[HDC2009] R7x , the SIMBAD biblio

Gas and star velocity dispersions have been derived for four circumnuclear star-forming regions (CNSFRs) and the nucleus of the spiral galaxy NGC2903 using high-resolution spectroscopy in the blue and far red. Stellar velocity dispersions have been obtained from the Caii triplet lines at λλ8494, 8542, 8662Å, using cross-correlation techniques, while gas velocity dispersions have been measured by Gaussian fits to the Hβλ4861Å line.

The CNSFRs, with sizes of about 100 to 150pc in diameter, show a complex structure at the Hubble Space Telescope (HST) resolution, with a good number of subclusters with linear diameters between 3 and 8pc. Their stellar velocity dispersions range from 39 to 67km/s. These values, together with the sizes measured on archival HST images, yield upper limits to the dynamical masses for the individual star clusters between 1.8 and 8.7x10⁶M_☉ and upper limits to the masses for the whole CNSFR between 4.9x10⁶ and 4.3x10⁷M_☉.

The masses of the ionizing stellar population responsible for the Hii region gaseous emission have been derived from their published Hα luminosities and are found to be between 1.9 and 2.5 x 10⁶M_☉ for the star-forming regions, and 2.1x10⁵M_☉for the galaxy nucleus, therefore constituting between 1 and 4 per cent of the total dynamical mass.
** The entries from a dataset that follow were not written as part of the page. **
-- ===== src/Audit/Folding.antt =====
-- The table of folded refusals: its size, and what one call does to each key.
use wterm.Prelude.{
  ℕ, ◌+◌, ◌≤◌, ◌<◌, ◌≡◌, refl, true, false, none, some, arith, length, ==_refl, Option-cases, inl,
  inr, nat_key, list_key, pair_key,
}
use wterm.OrderedDict.{get, put, move_to_end}
use wterm.OrderedDict.Laws.{
  length-trim-le, trim_small, get-put, get-move_to_end, length-put-le, length-put_known,
  length-move_to_end-le,
}
use wterm.Audit.{Slot, Key, Throttle, is_fresh, suppressed_so_far, fold_call, throttle_keys}

-- The table never grows past its limit, whoever calls and how often.
pub length-fold_call-le :
    (key : Key) (now : ℕ) (table : Throttle)
    → length table ≤ throttle_keys
    → length (fold_call key now table).0 ≤ throttle_keys
unfolding fold_call
length-fold_call-le key now table h = elim (Option-cases (get key table)) [
  | inl missing ↦ rw (missing, fold_call) (length-trim-le throttle_keys _)
  | inr (slot, found) ↦
      rw (found, fold_call)
        (ground (
          arith,
          length-put_known key (record slot { suppressed = slot.suppressed + 1 }) slot table found,
          length-trim-le throttle_keys
              (move_to_end key (put key (record { since = now; suppressed = 0 }) table)),
        ))
]

-- What the table still has to report of a key.
abbrev pub pending : Key → Throttle → ℕ
pending key table = suppressed_so_far (get key table)

-- A call within the window of its key's last line writes nothing and adds one to what is pending.
pub fold_call_fresh :
    (key : Key) (now : ℕ) (table : Throttle)
    → is_fresh (get key table) now ≡ true
    → ((fold_call key now table).1 ≡ none)
      × (pending key (fold_call key now table).0 ≡ pending key table + 1)
unfolding fold_call
fold_call_fresh key now table fresh = elim (Option-cases (get key table)) [
  | inl missing ↦ absurd (ground arith)
  | inr (slot, found) ↦
      rw (found, fold_call)
        (ground (
          arith,
          found,
          ==_refl key,
          get-put key key (record slot { suppressed = slot.suppressed + 1 }) table,
        ))
]

-- Any other call writes a line with all that was pending, and opens a new window.
pub fold_call_stale :
    (key : Key) (now : ℕ) (table : Throttle)
    → is_fresh (get key table) now ≡ false
    → length table < throttle_keys
    → ((fold_call key now table).1 ≡ some (pending key table))
      × (get key (fold_call key now table).0 ≡ some (record { since = now; suppressed = 0 }))
unfolding fold_call
fold_call_stale key now table stale h =
    let start : Slot = record { since = now; suppressed = 0 } in
    let small : length (move_to_end key (put key start table)) ≤ throttle_keys =
      omega
        (arith, length-put-le key start table, length-move_to_end-le key (put key start table)) in
    rw (stale, fold_call, trim_small throttle_keys _ small)
      (
        refl,
        rw (
          get-move_to_end key key (put key start table),
          get-put key key start table,
          ==_refl key,
        ),
      )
In the CNSFR, star and gas velocity dispersions are found to differ by about 20km/s with the Hβ lines being narrower than both the stellar lines and the [Oiii]λ5007Å lines. The ionized gas kinematics are complex; two different kinematical components seem to be present as evidenced by different widths and Doppler shifts.

The line profiles in the spectra of the galaxy nucleus, however, are consistent with the presence of a single component with radial velocity and velocity dispersion close to those measured for the stellar absorption lines.

The presence and reach of two distinct components in the emission lines in ionized regions and the influence that this fact could have on the observed line ratios are of major interest for several reasons, among others, the classification of the activity in the central regions of galaxies, the inferences about the nature of the source of ionization for the two components and the derivation of the gaseous chemical abundances.